Air Methods Corp. has a market cap of $398.1 million; its shares were traded at around $31.97 with a P/E ratio of 13.8 and P/S ratio of 0.7. Air Methods Corp. had an annual average earning growth of 17% over the past 10 years. GuruFocus rated Air Methods Corp. the business predictability rank of 4-star.

Highlight of Business Operations:

Net flight revenue decreased $3,735,000, or 3.2%, from $117,014,000 to $113,279,000 for the three months ended March 31, 2010, compared to 2009. Flight revenue is generated by both CBS and HBS operations and is recorded net of provisions for contractual discounts and uncompensated care.

Interest expense increased $226,000, or 18.3%, in the first quarter of 2010, compared to the first quarter of 2009, primarily because of $44.8 million in long-term notes with a weighted average interest rate of 6.5% entered into subsequent to March 31, 2009. Interest on the new notes was offset in part by the fact that we had no balance outstanding against our revolving line of credit during the first quarter of 2010, compared to an average balance of $18.2 million during the first quarter of 2009.

Our working capital position as of March 31, 2010, was $125,650,000, compared to $133,366,000 at December 31, 2009. Cash generated by operations was $18,939,000 in the first quarter of 2010, compared to $15,682,000 in the first quarter of 2009, due primarily to a decrease in days sales outstanding for CBS operations, measured by comparing net revenue for the annualized previous 3-month period to outstanding open net accounts receivable, from 107 days at December 31, 2009, to 100 days at March 31, 2010. In the first quarter of 2010, we also billed approximately $5.6 million for medical interiors and other products which were completed and shipped; the majority of the related receivable balances were paid prior to the end of the first quarter.

Cash used by investing activities totaled $14,688,000 in 2010 compared to $7,877,000 in 2009. Equipment acquisitions in the first quarter of 2010 included six aircraft for approximately $9.2 million, as well as medical interiors and avionics upgrades. Significant equipment acquisitions in the first quarter of 2009 included the purchase of two aircraft for approximately $4.7 million. During the quarter, we sold two aircraft for total proceeds of $1.2 million.

Financing activities used $166,000 in 2010 compared $11,899,000 in 2009. The primary use of cash in both 2010 and 2009 was regularly scheduled payments of long-term debt and capital lease obligations.
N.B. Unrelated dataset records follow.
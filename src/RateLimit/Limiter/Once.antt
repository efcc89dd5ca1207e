-- ===== src/RateLimit/Limiter/Once.antt =====
-- The token of an admitted request goes back exactly once.
use parapet.Prelude.{
  ◌⊎◌, ◌∙◌, sym, ◌≡◌, refl, ap, List, [], ◌∷◌, ◌++◌, Bool, true, false, arith, inl, inr,
}
use parapet.RateLimit.Limiter.{
  Strategy, Options, Event, write_header, write, flush, hijack, elsewhere, ResponseWriter, release,
  handle, handle_all, serve,
}

-- What other requests alone do to the strategy.
unfoldable pub elapse : {S : Type 0} → List (Event S) → S → S
elapse [] s = s
elapse (elsewhere f ∷ es) s = elapse es (f s)
elapse (write_header code ∷ es) s = elapse es s
elapse (write p ∷ es) s = elapse es s
elapse (flush ∷ es) s = elapse es s
elapse (hijack ∷ es) s = elapse es s

module _ {S K : Type 0} (strategy : Strategy S K) (key : K) where
  -- Once the token is back, no event of the handler touches the strategy again.
  handle_released :
      (w : ResponseWriter S) (e : Event S)
      → w.released ≡ true
      → ((handle strategy key w e).released ≡ true)
        × ((handle strategy key w e).state ≡ elapse (e ∷ []) w.state)
  unfolding handle elapse
  handle_released w (write_header code) h = ground arith
  handle_released w (write p) h = ground arith
  handle_released w flush h = ground arith
  handle_released w hijack h = ground arith
  handle_released w (elsewhere f) h = ground arith

  -- While the token is out, an event either puts it back, and then moves the strategy no further, or
  -- leaves it out and the strategy to the others.
  handle_unreleased :
      (w : ResponseWriter S) (e : Event S)
      → w.released ≡ false
      → (((handle strategy key w e).released ≡ true)
          × ((handle strategy key w e).state ≡ strategy.put w.state key)
          × ((s : S) → elapse (e ∷ []) s ≡ s))
        ⊎ (((handle strategy key w e).released ≡ false)
            × ((handle strategy key w e).state ≡ elapse (e ∷ []) w.state))
  unfolding handle elapse
  handle_unreleased w (write_header code) h = ground arith
  handle_unreleased w (write p) h = ground arith
  handle_unreleased w flush h = ground arith
  handle_unreleased w hijack h = ground arith
  handle_unreleased w (elsewhere f) h = ground arith

  elapse-cons :
      (e : Event S) (es : List (Event S)) (s : S)
      → elapse (e ∷ es) s ≡ elapse es (elapse (e ∷ []) s)
  unfolding elapse
  elapse-cons (write_header code) es s = refl
  elapse-cons (write p) es s = refl
  elapse-cons flush es s = refl
  elapse-cons hijack es s = refl
  elapse-cons (elsewhere f) es s = refl

  handle_all_released :
      (w : ResponseWriter S) (es : List (Event S))
      → w.released ≡ true
      → ((handle_all strategy key w es).released ≡ true)
        × ((handle_all strategy key w es).state ≡ elapse es w.state)
  unfolding handle_all elapse
  handle_all_released w [] h = (h, refl)
  handle_all_released w (e ∷ es) h =
      let (out, same) = handle_released w e h in
      let (ends, state) = handle_all_released (handle strategy key w e) es out in
      (ends, state ∙ ap (elapse es) same ∙ sym (elapse-cons e es w.state))

  put_back : (w : ResponseWriter S) → w.released ≡ true → (release strategy key w).state ≡ w.state
  unfolding release
  put_back w h = ground arith

  release_once :
      (w : ResponseWriter S) (es : List (Event S))
      → w.released ≡ false
      → (before : List (Event S)) × (after : List (Event S)) × (before ++ after ≡ es)
        × ((release strategy key (handle_all strategy key w es)).state
            ≡ elapse after (strategy.put (elapse before w.state) key))
  unfolding handle_all release elapse
  release_once w [] h = ([], [], refl, ground arith)
  release_once w (e ∷ es) h = elim (handle_unreleased w e h) [
    | inl (out, put, idle) ↦
        let (ends, state) = handle_all_released (handle strategy key w e) es out in
        (
          [],
          e ∷ es,
          refl,
          put_back (handle_all strategy key (handle strategy key w e) es) ends
              ∙ state
              ∙ ap (elapse es) (put ∙ sym (idle _))
              ∙ sym (elapse-cons e es _),
        )
    | inr (out, same) ↦
        let (before, after, split, state) = release_once (handle strategy key w e) es out in
        (
          e ∷ before,
          after,
          ap (λ r. e ∷ r) split,
          state
              ∙ ap (λ z. elapse after (strategy.put z key))
                  (ap (elapse before) same ∙ sym (elapse-cons e before w.state)),
        )
  ]

  -- The token of an admitted request goes back exactly once, at one point of the run, whatever the
  -- handler writes, hijacks or leaves out and whatever other requests do to the strategy in between.
  pub serve_once :
      (opts : Options) (hijacker : Bool) (s s' : S) (es : List (Event S))
      → strategy.take s key ≡ (s', true)
      → (before : List (Event S)) × (after : List (Event S)) × (before ++ after ≡ es)
        × ((serve strategy key opts hijacker s es).0
            ≡ elapse after (strategy.put (elapse before s') key))
  unfolding serve
  serve_once opts hijacker s s' es h = rw h (release_once _ es refl)
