-- ===== src/RateLimit/SlidingWindow.antt =====
-- pkg/ratelimit/slidingwindow.go. The clock's reading, in nanoseconds since the epoch, is an argument of
-- each call, and the operations of float64 are a parameter. `take_by` is `Take` with its comparison as
-- an argument: a function of the previous window's count, the current one's, the clock, the size of a
-- window and the maximum.
use parapet.Prelude.{
  ℕ, ◌+◌, ◌-◌, ◌*◌, ◌/◌, ◌%◌, List, [], ◌∷◌, Option, none, some, Bool, true, false, ◌==◌, ltb, leb,
  ◌&&◌, ◌||◌, if◌then◌else◌,
}
use parapet.Prelude.Assoc
use parapet.GoFloat64.{Float64}
pub mod Sweep
pub mod Hidden
pub mod Cap
pub mod Wait

pub record SlidingItem : Type 0 where
  pub window : ℕ
  pub curr : ℕ
  pub prev : ℕ

-- `window_size` is the field `Size`. A nil map reads as an empty one, and `Take` makes it.
pub record SlidingWindow (K : Type 0) : Type 0 where
  pub storage : List (K × SlidingItem)
  pub cleanup_running : Bool
  pub max : ℕ
  pub window_size : ℕ

unfoldable pub new : {K : Type 0} → ℕ → ℕ → SlidingWindow K
new rate unit = record { storage = []; cleanup_running = false; max = rate; window_size = unit }

-- A second, where `Size` is not set.
unfoldable pub size : {K : Type 0} → SlidingWindow K → ℕ
size b = if b.window_size == 0 then 1000000000 else b.window_size

unfoldable pub roll : ℕ → SlidingItem → SlidingItem
roll current t =
    if leb current t.window
    then record t { window = current }
    else if current == t.window + 1
    then record { window = current; prev = t.curr; curr = 0 }
    else record { window = current; prev = 0; curr = 0 }

abbrev pub fresh : ℕ → SlidingItem
fresh current = record { window = current; curr = 0; prev = 0 }

abbrev pub keys_of : {K : Type 0} → List (K × SlidingItem) → List K
keys_of [] = []
keys_of ((k, t) ∷ m) = k ∷ keys_of m

abbrev pub is_empty : {K : Type 0} → List (K × SlidingItem) → Bool
is_empty [] = true
is_empty (x ∷ m) = false

abbrev pub stale : ℕ → SlidingItem → Bool
stale current t = ltb t.window (current - 1)

-- `prev * (1 - elapsed) + curr`.
unfoldable pub weighted_count : {F : Type 0} → Float64 F → ℕ → ℕ → ℕ → ℕ → F
weighted_count fl prev curr now size =
    let elapsed = fl.div (fl.of_int (now % size)) (fl.of_int size) in
    fl.add (fl.mul (fl.of_int prev) (fl.sub (fl.of_int 1) elapsed)) (fl.of_int curr)

-- The comparison of `Take`: `weightedCount + 1 > max`.
unfoldable pub over : {F : Type 0} → Float64 F → ℕ → ℕ → ℕ → ℕ → ℕ → Bool
unfolding weighted_count
over fl prev curr now size max =
    fl.less (fl.of_int max) (fl.add (weighted_count fl prev curr now size) (fl.of_int 1))

-- The fraction of the window at which the previous count has faded enough for one more.
abbrev target_frac : {F : Type 0} → Float64 F → ℕ → ℕ → ℕ → F
target_frac fl max prev curr =
    fl.sub (fl.of_int 1)
      (fl.div (fl.sub (fl.sub (fl.of_int max) (fl.of_int curr)) (fl.of_int 1)) (fl.of_int prev))

unfoldable pub after_at : {F : Type 0} → Float64 F → ℕ → ℕ → ℕ → ℕ → ℕ → ℕ
unfolding weighted_count
after_at fl max prev curr size now =
    let cur_frac = fl.div (fl.of_int (now % size)) (fl.of_int size) in
    let to_boundary = (now / size + 1) * size - now in
    let target = target_frac fl max prev curr in
    let next_frac =
      fl.sub (fl.of_int 1) (fl.div (fl.sub (fl.of_int max) (fl.of_int 1)) (fl.of_int curr)) in
    if fl.le (fl.add (weighted_count fl prev curr now size) (fl.of_int 1)) (fl.of_int max)
    then 0
    else if ltb 0 prev
        && leb (curr + 1) max
        && fl.less cur_frac target
        && fl.less target (fl.of_int 1)
    then fl.trunc (fl.mul (fl.sub target cur_frac) (fl.of_int size)) + 1
    else if leb (curr + 1) max || max == 0
    then to_boundary
    else to_boundary + fl.trunc (fl.mul next_frac (fl.of_int size)) + 1

module _ {K : Type 0} (dec : Discrete K) where
  -- The rolled item of a key, which `Take` makes if it is not there.
  unfoldable pub item_at : SlidingWindow K → ℕ → K → SlidingItem
  unfolding roll
  item_at b current key = elim (Assoc.get dec key b.storage) [
    | none ↦ roll current (fresh current)
    | some t ↦ roll current t
  ]

  unfoldable pub take_by :
      (ℕ → ℕ → ℕ → ℕ → ℕ → Bool) → SlidingWindow K → ℕ → K → SlidingWindow K × Bool
  unfolding item_at
  take_by exceeds b now key =
      let t = item_at b (now / size b) key in
      if exceeds t.prev t.curr now (size b) b.max
      then (record b { storage = Assoc.put dec key t b.storage; cleanup_running = true }, false)
      else (
        record b {
          storage = Assoc.put dec key (record t { curr = t.curr + 1 }) b.storage;
          cleanup_running = true;
        },
        true,
      )

  abbrev pub take : {F : Type 0} → Float64 F → SlidingWindow K → ℕ → K → SlidingWindow K × Bool
  take fl b now key = take_by (over fl) b now key

  -- `After` rolls a copy.
  unfoldable pub after : {F : Type 0} → Float64 F → SlidingWindow K → ℕ → K → ℕ
  unfolding roll after_at
  after fl b now key = elim (Assoc.get dec key b.storage) [
    | none ↦ 0
    | some t ↦
        let rolled = roll (now / size b) t in after_at fl b.max rolled.prev rolled.curr (size b) now
  ]

  -- The loop of `evictStale` over the keys of the map.
  unfoldable pub evict_keys : ℕ → List K → List (K × SlidingItem) → List (K × SlidingItem)
  evict_keys current [] m = m
  evict_keys current (k ∷ ks) m = evict_keys current ks (elim (Assoc.get dec k m) [
    | none ↦ m
    | some t ↦ if stale current t then Assoc.delete dec k m else m
  ])

  unfoldable pub evict_stale : SlidingWindow K → ℕ → SlidingWindow K × Bool
  unfolding evict_keys
  evict_stale b now =
      let m = evict_keys (now / size b) (keys_of b.storage) b.storage in
      (
        record b { storage = m; cleanup_running = if is_empty m then false else b.cleanup_running },
        is_empty m,
      )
In 2010 we used proceeds of $3.8 million from notes payable to finance three aircraft. The notes are payable over five-year terms with variable interest rates tied to LIBOR. In 2009 we paid off a $3.9 million short-term note payable to an aircraft manufacturer for the delivery of an EC135 helicopter and paid $5.5 million against the balance outstanding against our revolving line of credit. We have not carried a balance against our line of credit during 2010.

Our cost of operations is also affected by changes in the price and availability of aircraft fuel. Generally, our HBS customers pay for all fuel consumed in medical flights. Based on actual CBS fuel usage for the quarter ended March 31, 2010, the impact on operating costs of an increase of 10% in the cost of aircraft fuel per hour flown would be approximately $270,000 for the quarter. Flight volume for CBS operations can vary due to weather conditions and other factors. Therefore, the impact of a change in fuel cost based first quarter 2010 volume is not necessarily indicative of the impact on subsequent quarters or years. We have financial derivative agreements to protect against increases in the cost of Gulf Coast jet fuel above $2.35 per gallon for wholesale purchases from January 1, 2010, through June 30, 2010, and above $2.71 per gallon from July 1, 2010, through December 31, 2010. The derivatives cover approximately 70% of the Company s anticipated fuel consumption for 2010.